(Extracted records)
————————
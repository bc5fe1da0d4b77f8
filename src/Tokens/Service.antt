-- ===== src/Tokens/Service.antt =====
-- `Service` (internal/app/tokens/tokens.go). The hash of a secret is a parameter.
pub mod Limit
pub mod Revocation
use llm_proxy_backend.Prelude.{
  ℕ, Bool, true, false, ◌&&◌, ◌||◌, not, Option, none, some, List, [], ◌∷◌, ◌==◌, if◌then◌else◌,
  keep,
}
use llm_proxy_backend.Prelude.Text.{Text}
use llm_proxy_backend.Identity.{User, is_admin}
use llm_proxy_backend.Store.{
  Store, Op, Error, forbidden, Result, ok, err, return, fail, require, read_clock, call, catch,
  lift, ◌>>=◌, ◌>>◌,
}
use llm_proxy_backend.Store.Tables.{Token, AuditEvent, Action, token_issue, token_revoke, of_token}
use llm_proxy_backend.Tokens.Key.{Draw, generate, revoke_key}
use llm_proxy_backend.Tokens.Repo.{user_by_id, token_by_id, create_token, save_token, record_event}

-- `false` is ErrForbidden.
unfoldable pub manages : User → ℕ → Bool
manages actor owner = if actor.id == 0 then false else actor.id == owner || is_admin actor.role

abbrev pub event : ℕ → ℕ → Action → Token → AuditEvent
event now actor action t = record {
  at = now;
  actor_id = actor;
  action = action;
  target = t.id;
  detail = of_token t.id t.user_id t.label;
  ip = [];
  user_agent = [];
}

-- `retract`, with `stranded`: whatever becomes of the compensation, the caller gets the audit's
-- error, `cause`.
unfoldable pub retract : Token → ℕ → ℕ → Error → Op (Token × Text)
retract t by now cause =
    catch (lift (revoke_key t by now))
      (λ revoked. catch (save_token revoked) (λ _. fail cause) (λ _. fail cause)) (λ _. fail cause)

module _ (hash_secret : Text → Text) where
  unfoldable pub issue : User → ℕ → Text → Draw → Op (Token × Text)
  issue actor owner label draw = do
    require (manages actor owner) forbidden
    user_by_id owner
    (drawn, secret) ← generate hash_secret owner label draw
    now ← read_clock
    let t = record drawn { created_at = now }
    create_token t
    catch (record_event (event now actor.id token_issue t)) (λ _. return (t, secret))
        (retract t actor.id now)

unfoldable pub revoke : User → ℕ → Op (Unit {0})
revoke actor token_id = do
  t ← token_by_id token_id
  require (manages actor t.user_id) forbidden
  now ← read_clock
  revoked ← lift (revoke_key t actor.id now)
  save_token revoked
  catch (record_event (event now actor.id token_revoke revoked)) return (λ _. return tt)

-- The rows of an owner; `ORDER BY created_at DESC` is not modelled.
unfoldable pub list_tokens : User → ℕ → Op (List Token)
list_tokens actor owner = do
  require (manages actor owner) forbidden
  call λ s. (ok (keep (λ t. t.user_id == owner) s.tokens), s)
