-- ===== src/Auth/Repo.antt =====
-- The stores of sessions and passwords, as the sign-in service calls them
-- (internal/infra/postgres/sessions/sessions.go, internal/infra/postgres/passwords/passwords.go,
-- internal/infra/postgres/users/users.go). `lower` is the database's.
use llm_proxy_backend.Prelude.{
  ℕ, Bool, false, ◌&&◌, not, Option, List, [], ◌∷◌, map, ltb, ◌==◌, if◌then◌else◌, any, keep, find,
}
use llm_proxy_backend.Prelude.Text.{Text, ◌=t◌}
use llm_proxy_backend.Identity.{User}
use llm_proxy_backend.Store.{Op, not_found, conflict, ok, err, call, read_clock, ◌>>=◌}
use llm_proxy_backend.Store.Tables.{Session, Password}
use llm_proxy_backend.Tokens.Repo.{found}

-- The row has no plaintext id and no restriction; the id's hash is the table's key.
unfoldable pub create_session : Session → Op (Unit {0})
create_session x = call λ s.
    if any (λ y. y.id_hash =t x.id_hash) s.sessions
    then (err conflict, s)
    else (ok tt, record s { sessions = record x { id = []; restricted = false } ∷ s.sessions })

-- The lookup by hash, in which the database's own clock decides what has expired.
unfoldable pub session_by_hash : Text → Op Session
session_by_hash hash = call (
    read_clock >>= λ now.
    λ s. found (find (λ x. (x.id_hash =t hash) && ltb now x.expires_at) s.sessions) s)

unfoldable pub delete_session : Text → Op (Unit {0})
delete_session hash =
    call λ s. (ok tt, record s { sessions = keep (λ x. not (x.id_hash =t hash)) s.sessions })

unfoldable pub delete_by_user_except : ℕ → Text → Op (Unit {0})
delete_by_user_except user hash = call λ s. (
  ok tt,
  record s {
    sessions = keep (λ x. not ((x.user_id == user) && not (x.id_hash =t hash))) s.sessions;
  },
)

unfoldable pub get_password : ℕ → Op Password
get_password user = call λ s. found (find (λ p. p.user_id == user) s.passwords) s

-- The upsert.
unfoldable pub put_password : Password → List Password → List Password
put_password p [] = p ∷ []
put_password p (q ∷ rows) = if q.user_id == p.user_id then p ∷ rows else q ∷ put_password p rows

unfoldable pub set_password : ℕ → Text → Option ℕ → Op (Unit {0})
unfolding put_password
set_password user hash expires_at = call λ s. (
  ok tt,
  record s {
    passwords =
        put_password (record { user_id = user; hash = hash; expires_at = expires_at }) s.passwords;
  },
)

abbrev pub with_must_change : ℕ → Bool → List User → List User
with_must_change id must =
    map λ u. if u.id == id then record u { must_change_password = must } else u

unfoldable pub set_must_change_password : ℕ → Bool → Op (Unit {0})
set_must_change_password id must = call λ s.
    if any (λ u. u.id == id) s.users
    then (ok tt, record s { users = with_must_change id must s.users })
    else (err not_found, s)

-- `lower(email) = lower($1)`, where an account with no address has NULL.
abbrev pub has_address : (Text → Text) → Text → User → Bool
has_address lower email u = not (u.email =t []) && (lower u.email =t lower email)

module _ (lower : Text → Text) where
  unfoldable pub user_by_email : Text → Op User
  user_by_email email = call λ s. found (find (has_address lower email) s.users) s
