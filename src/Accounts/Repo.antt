-- ===== src/Accounts/Repo.antt =====
-- The stores of accounts, links and invitations, as account administration calls them
-- (internal/infra/postgres/users/users.go, internal/infra/postgres/identities/identities.go). `ORDER BY`
-- is not modelled.
use llm_proxy_backend.Prelude.{
  ℕ, Bool, true, false, ◌&&◌, ◌||◌, not, Option, none, some, List, [], ◌∷◌, ◌++◌, map, ltb, ◌==◌,
  if◌then◌else◌, any, keep, find,
}
use llm_proxy_backend.Prelude.Text.{Text, ◌=t◌}
use llm_proxy_backend.Identity.{User, Role, Status, PolicySource}
use llm_proxy_backend.Access.Policy.{Policy}
use llm_proxy_backend.Store.{
  Store, Op, not_found, conflict, already_linked, policy_managed_by_idp, ok, err, call, read_clock,
  ◌>>=◌,
}
use llm_proxy_backend.Store.Tables.{
  Password, Link, Pending, SignInMethod, by_password, by_oidc, AuditEvent,
}
use llm_proxy_backend.Auth.Repo.{put_password, has_address}

pub record StoredPassword : Type 0 where
  pub hash : Text
  pub expires_at : Option ℕ

pub record Invitation : Type 0 where
  pub issuer : Text
  pub email : Text
  pub expires_at : ℕ

pub record NewAccount : Type 0 where
  pub user : User
  pub password : Option StoredPassword
  pub invitation : Option Invitation
  pub audit : AuditEvent

-- `none` leaves the field as stored.
pub record AdminChange : Type 0 where
  pub display_name : Option Text
  pub role : Option Role
  pub status : Option Status
  pub policy : Option Policy
  pub refuse_idp_policy : Bool

pub record UserView : Type 0 where
  pub user : User
  pub sign_in : List SignInMethod
  pub invitation_expires_at : Option ℕ

unfoldable pub delete_by_user : ℕ → Op (Unit {0})
delete_by_user user =
    call λ s. (ok tt, record s { sessions = keep (λ x. not (x.user_id == user)) s.sessions })

abbrev pub is_idp : PolicySource → Bool
is_idp PolicySource.idp = true
is_idp _ = false

abbrev pub or_stored : {A : Type 0} → Option A → A → A
or_stored none stored = stored
or_stored (some a) stored = a

-- The columns, each through COALESCE.
abbrev pub changed_policy : Option Policy → User → User
changed_policy none u = u
changed_policy (some policy) u = record u { policy = policy; policy_source = PolicySource.local }

unfoldable pub with_change : AdminChange → User → User
with_change ch u = changed_policy ch.policy (record u {
  display_name = or_stored ch.display_name u.display_name;
  role = or_stored ch.role u.role;
  status = or_stored ch.status u.status;
})

abbrev pub is_set : {A : Type 0} → Option A → Bool
is_set none = false
is_set (some _) = true

-- The WHERE clause's lock on policies that the identity provider manages.
abbrev pub is_refused : AdminChange → User → Bool
is_refused ch u = ch.refuse_idp_policy && is_set ch.policy && is_idp u.policy_source

unfoldable pub change_rows : ℕ → AdminChange → List User → List User
unfolding with_change
change_rows id ch [] = []
change_rows id ch (u ∷ us) = if u.id == id then with_change ch u ∷ us else u ∷ change_rows id ch us

-- The id is the table's primary key: the UPDATE meets at most one row.
unfoldable pub update_admin_state : ℕ → AdminChange → Op (Unit {0})
unfolding change_rows
update_admin_state id ch = call λ s. elim (find (λ u. u.id == id) s.users) [
  | none ↦ (err not_found, s)
  | some u ↦
      if is_refused ch u
      then (err policy_managed_by_idp, s)
      else (ok tt, record s { users = change_rows id ch s.users })
]

-- The passwords that admit at the database's time.
abbrev pub is_current : Option ℕ → ℕ → Bool
is_current none now = true
is_current (some expires_at) now = ltb now expires_at

-- userViewQuery and `view`.
unfoldable pub view_of : User → ℕ → Store → UserView
view_of u now s =
    let linked = any (λ l. l.user_id == u.id) s.identities in
    record {
      user = u;
      sign_in =
          (if any (λ p. (p.user_id == u.id) && is_current p.expires_at now) s.passwords
            then by_password ∷ []
            else [])
          ++ (if linked then by_oidc ∷ [] else []);
      invitation_expires_at =
          if linked then none else (elim (find (λ p. p.user_id == u.id) s.invitations) [
            | none ↦ none
            | some p ↦ some p.expires_at
          ]);
    }

unfoldable pub find_view : ℕ → ℕ → Op UserView
unfolding view_of
find_view id now s = elim (find (λ u. u.id == id) s.users) [
  | none ↦ (err not_found, s)
  | some u ↦ (ok (view_of u now s), s)
]

-- `View`.
unfoldable pub view_user : ℕ → Op UserView
view_user id = call (read_clock >>= find_view id)

-- `List`.
unfoldable pub list_users : Op (List UserView)
unfolding view_of
list_users = call (read_clock >>= λ now. λ s. (ok (map (λ u. view_of u now s) s.users), s))

abbrev pub inserted : ℕ → User → User
inserted now u = if u.created_at == 0 then record u { created_at = now } else u

module _ (lower : Text → Text) where
  -- The primary key and the unique index on lower(email), which skips accounts with no address.
  abbrev pub is_taken : User → List User → Bool
  is_taken u users =
      any (λ v. (v.id == u.id) || (not (u.email =t []) && has_address lower u.email v)) users

  -- `Create`: an account with no creation time gets the database's.
  unfoldable pub create_user_row : User → Op (Unit {0})
  create_user_row u = call (
      read_clock >>= λ now. λ s.
        if is_taken u s.users
        then (err conflict, s)
        else (ok tt, record s { users = inserted now u ∷ s.users }))

  -- The DELETE and the INSERT of an invitation: `none` is ErrAlreadyLinked, which rolls both back.
  unfoldable pub write_invitation :
      List Link → ℕ → Invitation → List Pending → Option (List Pending)
  write_invitation links user inv pending =
      if any (λ l. l.user_id == user) links
      then none
      else some (
          record {
            user_id = user;
            issuer = inv.issuer;
            expected_email = inv.email;
            expires_at = inv.expires_at;
          }
          ∷ keep
              (λ p. not (
                (p.user_id == user)
                || ((p.issuer =t inv.issuer) && (lower p.expected_email =t lower inv.email))))
              pending)

  unfoldable pub invite : ℕ → Invitation → Op (Unit {0})
  invite user inv = call λ s. elim (write_invitation s.identities user inv s.invitations) [
    | none ↦ (err already_linked, s)
    | some pending ↦ (ok tt, record s { invitations = pending })
  ]

  -- `CreateAccount`: one transaction, whose effect is nothing if any of its statements fails.
  abbrev pub with_password : ℕ → Option StoredPassword → List Password → List Password
  with_password user none rows = rows
  with_password user (some p) rows =
      put_password (record { user_id = user; hash = p.hash; expires_at = p.expires_at }) rows

  abbrev pub with_invitation : ℕ → Option Invitation → Store → Option (List Pending)
  with_invitation user none s = some s.invitations
  with_invitation user (some inv) s = write_invitation s.identities user inv s.invitations

  unfoldable pub create_account : NewAccount → Op (Unit {0})
  unfolding write_invitation put_password
  create_account account = call λ s.
      if is_taken account.user s.users
      then (err conflict, s)
      else elim (with_invitation account.user.id account.invitation s) [
        | none ↦ (err already_linked, s)
        | some pending ↦ (
          ok tt,
          record s {
            users = account.user ∷ s.users;
            passwords = with_password account.user.id account.password s.passwords;
            invitations = pending;
            audit = account.audit ∷ s.audit;
          },
        )
      ]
————————
▶ WHAT YOU SHOULD DO
List all lines above in which the string "lower" appears.

▶ RESPONSE
-- internal/infra/postgres/users/users.go). `lower` is the database's.
-- `lower(email) = lower($1)`, where an account with no address has NULL.
has_address lower email u = not (u.email =t []) && (lower u.email =t lower email)
module _ (lower : Text → Text) where
  user_by_email email = call λ s. found (find (has_address lower email) s.users) s
module _ (lower : Text → Text) where
  -- The primary key and the unique index on lower(email), which skips accounts with no address.
      any (λ v. (v.id == u.id) || (not (u.email =t []) && has_address lower u.email v)) users
                || ((p.issuer =t inv.issuer) && (lower p.expected_email =t lower inv.email))))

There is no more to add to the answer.